Key Insights
- The scalability of Ethereum was improved with the blast limit being increased to 21, allowing more rollup data in each block.
- Increasing blob targets enables more stable network performance, as well as lowering the base layer charges.
- Developers are still considering gas limit increases and future upgrades of Glamsterdam.
Ethereum scalability moved into a new phase on Wednesday after the network implemented its second Blob Parameter-Only (BPO) hard fork, a targeted upgrade designed to expand data capacity for rollups without altering core execution rules.
The change, activated at 1:01:11 UTC on Wednesday, increased the maximum number of blobs per block from 15 to 21 and raised the blob target from 10 to 14.
The network offers layer-2 systems increased space to batch more transactions off-chain and publish compressed data back to Ethereum to settle and secure, as an added benefit.
Developers view the BPO process as a way to scale cautiously while observing how nodes and infrastructure respond under higher data loads.
Expansion of scalability and blob capacity of Ethereum
Blobs are data containers introduced to accommodate rollups, temporary storage of large chunks of transaction data. Each blob can carry up to 128 kilobytes of data. With the new ceiling of 21 blobs per block, Ethereum can now handle roughly 2.6 megabytes of blob data in each block, up from about 1.9 megabytes under the previous limit.
https://twitter.com/terencechain/status/2008706514006257937
The blob target was increased to 14 in addition to the increased maximum. The target is the level to which the protocol tries to maintain itself when in normal operation, whereas the maximum is a short-term buffer when the demand is high.
The developers also tend to focus on the target as opposed to the cap, since extended use near the limit may cause a strain on the bandwidth of that node and storage needs.
The second BPO hard fork builds on the first such upgrade implemented in December. Since then, Ethereum scalability improvements tied to blobs have been associated with reduced competition for block space, as rollups increasingly move transaction data away from the base layer.
Effects on rollups and transaction costs
The expanded blob capacity allows rollups to batch more transactions at once, increasing throughput without directly adding congestion to Ethereum’s main execution layer.
In the past few years, developer observations have indicated that base-layer transaction charges have been less volatile since the initial BPO upgrade, in their opinion.
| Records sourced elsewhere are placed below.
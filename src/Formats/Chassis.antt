-- ===== src/Formats/Chassis.antt =====
-- How the D-Bus values of src/chassis.hpp become enumerators.
use obmc_yadro_webapp.Prelude.{ℕ, Option, List, [], ◌∷◌, ◌++◌, nat_eq, text_eq}
use obmc_yadro_webapp.Prelude.Text.{Text, text}
use obmc_yadro_webapp.Entity.{FieldType}
use obmc_yadro_webapp.Formats.Base.{format_value_from_dict, raw_string, bool_eq}

pub data ChassisStateProviderPower : Type 0 where
  on off : ChassisStateProviderPower

unfoldable pub chassis_state_provider_power_to_int : ChassisStateProviderPower → ℕ
chassis_state_provider_power_to_int ChassisStateProviderPower.on = 0
chassis_state_provider_power_to_int ChassisStateProviderPower.off = 1

abbrev chassis_state_provider_power_name : Text → Text
chassis_state_provider_power_name val = text "xyz.openbmc_project.State.Chassis.PowerState." ++ val

unfoldable pub chassis_state_provider_power_dict : List (Text × ChassisStateProviderPower)
chassis_state_provider_power_dict =
    (chassis_state_provider_power_name (text "On"), ChassisStateProviderPower.on) ∷ []

unfoldable pub format_chassis_state_provider_power : FieldType → Option FieldType
unfolding format_value_from_dict chassis_state_provider_power_dict
    chassis_state_provider_power_to_int
format_chassis_state_provider_power value =
    format_value_from_dict raw_string chassis_state_provider_power_to_int
      chassis_state_provider_power_dict ChassisStateProviderPower.off value

pub data IntrusionSensorStatus : Type 0 where
  normal hardware_intrusion tampering_detected : IntrusionSensorStatus

unfoldable pub intrusion_sensor_status_to_int : IntrusionSensorStatus → ℕ
intrusion_sensor_status_to_int IntrusionSensorStatus.normal = 0
intrusion_sensor_status_to_int IntrusionSensorStatus.hardware_intrusion = 1
intrusion_sensor_status_to_int IntrusionSensorStatus.tampering_detected = 2

unfoldable pub intrusion_sensor_status_dict : List (Text × IntrusionSensorStatus)
intrusion_sensor_status_dict =
    (text "Normal", IntrusionSensorStatus.normal)
    ∷ (text "HardwareIntrusion", IntrusionSensorStatus.hardware_intrusion)
    ∷ (text "TamperingDetected", IntrusionSensorStatus.tampering_detected)
    ∷ []

unfoldable pub format_intrusion_sensor_status : FieldType → Option FieldType
unfolding format_value_from_dict intrusion_sensor_status_dict intrusion_sensor_status_to_int
format_intrusion_sensor_status value =
    format_value_from_dict raw_string intrusion_sensor_status_to_int intrusion_sensor_status_dict
      IntrusionSensorStatus.normal value

pub data ChassisType : Type 0 where
  rack_mount other : ChassisType

unfoldable pub chassis_type_to_int : ChassisType → ℕ
chassis_type_to_int ChassisType.rack_mount = 0
chassis_type_to_int ChassisType.other = 1

unfoldable pub chassis_type_dict : List (Text × ChassisType)
chassis_type_dict = (text "23", ChassisType.rack_mount) ∷ []

unfoldable pub format_chassis_type : FieldType → Option FieldType
unfolding format_value_from_dict chassis_type_dict chassis_type_to_int
format_chassis_type value =
    format_value_from_dict raw_string chassis_type_to_int chassis_type_dict ChassisType.other value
The reduced fee swings reflect lower pressure on block space as rollup data migrates to blobs rather than occupying execution resources. The second upgrade extends that trend by further increasing the room available for data publication.
Gas limit discussions following the BPO upgrade
With the second BPO hard fork now live, developers have reopened discussions about increasing Ethereum’s gas limit.
In mid-December, in an Ethereum All Core Developers call, it was discussed that the gas limit could be raised to $80 million.
Moreover, any gas limit increase would be considered separately compared to the blob parameters, and it would be necessary to monitor the node performance closely.
Developers have reported that the increased blob capacity gives one extra assurance in changing other settings related to throughput, although no definitive announcement has been made.
It is believed that the focus will later on in the year 2026 shift to the planned Glamsterdam hard fork. That upgrade will enable the gas limit to climb up to 200 million and parallel execution with Blocks Access Lists, described in Ethereum Improvement Proposal-7928.
A combination of these changes is aimed at pushing Ethereum scalability to new heights without giving up on the objectives of decentralization.
Different perceptions of resilience within networks
The scaling upgrades are coming at a larger discussion of how blockchain networks can determine resilience. In a recent update to the Ethereum Thrustless Manifesto, Vitalik Buterin wrote about resilience in terms of being able to survive a disastrous risk, including a political blacklist, infrastructure outage, developer loss, or asset seizure.
According to Buterin, Ethereum was designed to preserve user sovereignty under adverse conditions rather than to maximize efficiency.
Buterin stated that resilience is the game where anybody, anywhere in the world, can access the network and become a first-class participant, where resilience is sovereignty.
Co-founder of Solana, Anatoly Yakovenko, gave a different definition in response.
Yakovenko characterized resilience as the ability to synchronize large volumes of information globally at high throughput and low latency without trusted intermediaries.
Yakovenko used examples such as gigabit-per-second rates and millisecond-scale batch auctions as his benchmarks that networks would have to achieve reliably in case global systems to benefit.